## ASSIGNMENT
Repeat precisely the span of lines below that opens with the line containing "let (settled, polled)" and closes with the line containing "then returns (stop_driver", both included.

## PROVIDED RECORDS

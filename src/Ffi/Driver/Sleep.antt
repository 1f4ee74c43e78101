-- ===== src/Ffi/Driver/Sleep.antt =====
-- When the driver waits on its condition variable, and what a round without work does.
use vproc.Prelude.{
  ℕ, zero, suc, ◌≡◌, refl, ap, ◌∙◌, List, [], ◌∷◌, Bool, true, false, ◌||◌, not, if◌then◌else◌,
  Option, none, some, is_some, arith, get_elem?, retain, Option-cases, inl, inr,
}
use vproc.Prelude.Int.{ℤ}
use vproc.Prelude.Assoc.{Assoc, lookup, any_value-lookup}
use vproc.Coroutine.{VPid, Coroutine, is_done}
use vproc.Executor.{Executor, pick_next, pick_from, is_live}
use vproc.Executor.Exit.{get_exit_code}
use vproc.Executor.Io.{PollFd, collect_io_waits}
use vproc.Executor.Reap.{is_nonempty}
use vproc.Executor.Step.{World}
use vproc.Executor.Step.Swap.{step_from_driver_with_fd_swap}
use vproc.Ffi.Session.{Waiter, Session, SpawnRequest}
use vproc.Ffi.Driver.{
  DriverState, Round, returns, aborts, polls, stop_driver, waits, driver_round, drain_queue,
  serve_all, has_ready, has_work, wakes_up, drive, settle, reap, answer_waiters,
}
use vproc.Ffi.Driver.Answers.{answer_waiters-retain}

abbrev pub IsAwake : Executor → List VPid → Type 0
IsAwake ex [] = Unit
IsAwake ex (pid ∷ queue) =
    ((c : Coroutine) → lookup pid ex.vprocs ≡ some c → c.io_wait ≡ none) × IsAwake ex queue

not_live :
    (ex : Executor) (pid : VPid)
    → has_ready ex ≡ false
    → ((c : Coroutine) → lookup pid ex.vprocs ≡ some c → c.io_wait ≡ none)
    → is_live ex pid ≡ false
unfolding is_live has_ready
not_live ex pid idle awake = elim (Option-cases (lookup pid ex.vprocs)) [
  | inl absent ↦ ground (arith, absent)
  | inr (c, found) ↦ ground (
    arith,
    found,
    idle,
    awake c found,
    any_value-lookup (λ c. not (is_done c || elim c.io_wait [ none ↦ false | some wait ↦ true ]))
        pid c ex.vprocs found,
  )
]

pick_from-none :
    (ex : Executor) (queue : List VPid)
    → has_ready ex ≡ false
    → IsAwake ex queue
    → pick_from ex queue ≡ (none, [])
unfolding pick_from
pick_from-none ex [] idle awake = refl
pick_from-none ex (pid ∷ queue) idle awake =
    ground (arith, not_live ex pid idle awake.0, pick_from-none ex queue idle awake.1)

-- The step of such a round finds no process to run, and empties the queue.
drive_idle {ℓ} :
    {K : Type ℓ} (dup3 : ℤ → ℤ → K → ℤ × K) (body : ℕ → World × K → World × K)
    (is_dead : ℕ → World × K → Bool) (d : DriverState K)
    → wakes_up d.session ≡ false
    → IsAwake d.session.executor d.session.executor.ready_queue
    → let s = d.session in
      let ex = s.executor in
      drive dup3 body is_dead d
      ≡ some (record d { session = record s { executor = record ex { ready_queue = [] } } })
unfolding wakes_up has_work drive step_from_driver_with_fd_swap pick_next
drive_idle dup3 body is_dead d asleep awake =
    let idle : has_ready d.session.executor ≡ false = ground arith in
    ground (arith, pick_from-none d.session.executor d.session.executor.ready_queue idle awake)

nonempty_none {ℓ} : {A : Type ℓ} (l : List A) → is_nonempty l ≡ false → l ≡ []
nonempty_none [] h = refl
nonempty_none (a ∷ l) h = absurd (ground arith)

-- Nothing of what wakes a driver is there.
idle_parts :
    (s : Session)
    → wakes_up s ≡ false
    → (s.spawn_queue ≡ []) × (s.waiters ≡ []) × (s.shutdown ≡ false)
unfolding wakes_up has_work
idle_parts s asleep = (
  nonempty_none s.spawn_queue (ground arith),
  nonempty_none s.waiters (ground arith),
  ground arith,
)

-- The driver with an empty ready queue.
abbrev pub unqueued {ℓ} : {K : Type ℓ} → DriverState K → DriverState K
unqueued d =
    let s = d.session in
    record d { session = record s { executor = record s.executor { ready_queue = [] } } }

-- How a round ends that has nothing to do but to reap and to poll.
abbrev pub reaped_round {ℓ} : {K : Type ℓ} → DriverState K → Round K
reaped_round d =
    let polled = collect_io_waits d.session.executor.vprocs in
    if is_nonempty polled then polls d polled else waits d

module _ {ℓ} {K : Type ℓ} (load : SpawnRequest → World × K → Option VPid × World × K)
    (dup3 : ℤ → ℤ → K → ℤ × K) (body : ℕ → World × K → World × K) (is_dead : ℕ → World × K → Bool)
    (real_close : ℤ → K → K) where
  drain_queue-idle : (d : DriverState K) → d.session.spawn_queue ≡ [] → drain_queue load d ≡ d
  unfolding drain_queue serve_all
  drain_queue-idle d none_there = rw none_there (ground arith)

  settle-idle :
      (d : DriverState K)
      → d.session.waiters ≡ []
      → settle real_close d
        ≡ (reap real_close d, collect_io_waits (reap real_close d).session.executor.vprocs)
  unfolding settle answer_waiters
  settle-idle d none_there =
      let s = d.session in
      let answered : answer_waiters s.executor s.waiters d.exits ≡ (s.waiters, d.exits) =
        rw none_there refl in
      let settled : List Waiter × Assoc ℤ → DriverState K × List (PollFd × VPid) = λ a.
        let d' : DriverState K = record d { session = record s { waiters = a.0 }; exits = a.1 } in
        let reaped = reap real_close d' in
        (reaped, collect_io_waits reaped.session.executor.vprocs) in
      ap settled answered

  -- A driver may sleep: where nothing wakes it and no queued process waits for I/O, a further round would
  -- run no process, serve no request and answer no waiter. It would empty the ready queue, which
  -- names no process that can run, reap the processes that are done, and poll for those that wait.
  pub driver_round_idle :
      (d : DriverState K)
      → wakes_up d.session ≡ false
      → IsAwake d.session.executor d.session.executor.ready_queue
      → driver_round load dup3 body is_dead real_close d
        ≡ reaped_round (reap real_close (unqueued d))
  unfolding driver_round
  driver_round_idle d asleep awake =
      let s = d.session in
      let (no_request, no_waiter, running) = idle_parts s asleep in
      let finish : Option (DriverState K) → Round K = λ driven. elim driven [
        | none ↦ aborts
        | some driven ↦
            let (settled, polled) = settle real_close driven in
            if is_nonempty polled then polls settled polled else waits settled
      ] in
      let choose : DriverState K × List (PollFd × VPid) → Round K =
        λ r. if is_nonempty r.1 then polls r.0 r.1 else waits r.0 in
      let start : Bool → Round K = λ stops.
        if stops
        then returns (stop_driver real_close d)
        else finish (drive dup3 body is_dead (drain_queue load d)) in
      ap start running
      ∙ ap (λ x. finish (drive dup3 body is_dead x)) (drain_queue-idle d no_request)
      ∙ ap finish (drive_idle dup3 body is_dead d asleep awake)
      ∙ ap choose (settle-idle (unqueued d) no_waiter)

retain-is_nonempty :
    (p : Waiter → Bool) (waiters : List Waiter) (i : ℕ) (w : Waiter)
    → get_elem? waiters i ≡ some w
    → p w ≡ true
    → is_nonempty (retain p waiters) ≡ true
retain-is_nonempty p [] i w h keep = cc
retain-is_nonempty p (x ∷ waiters) zero w h keep = ground arith
retain-is_nonempty p (x ∷ waiters) (suc i) w h keep =
    ground (arith, retain-is_nonempty p waiters i w h keep)

-- After a round that leaves the process of a waiter without an exit code, the driver goes on without
-- sleeping.
pub settle-wakes_up {ℓ} :
    {K : Type ℓ} (real_close : ℤ → K → K) (d : DriverState K) (i : ℕ) (w : Waiter)
    → get_elem? d.session.waiters i ≡ some w
    → get_exit_code d.session.executor w.vpid ≡ none
    → wakes_up (settle real_close d).0.session ≡ true
unfolding wakes_up has_work settle reap
settle-wakes_up real_close d i w h pending =
    let ex = d.session.executor in
    let kept : is_nonempty (answer_waiters ex d.session.waiters d.exits).0 ≡ true =
      rw (answer_waiters-retain ex d.session.waiters d.exits) (
        retain-is_nonempty (λ v. not (is_some (get_exit_code ex v.vpid))) d.session.waiters i w h
          (ground (arith, pending))) in
    ground (arith, kept)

## RESULT
            let (settled, polled) = settle real_close driven in
            if is_nonempty polled then polls settled polled else waits settled
      ] in
      let choose : DriverState K × List (PollFd × VPid) → Round K =
        λ r. if is_nonempty r.1 then polls r.0 r.1 else waits r.0 in
      let start : Bool → Round K = λ stops.
        if stops
        then returns (stop_driver real_close d)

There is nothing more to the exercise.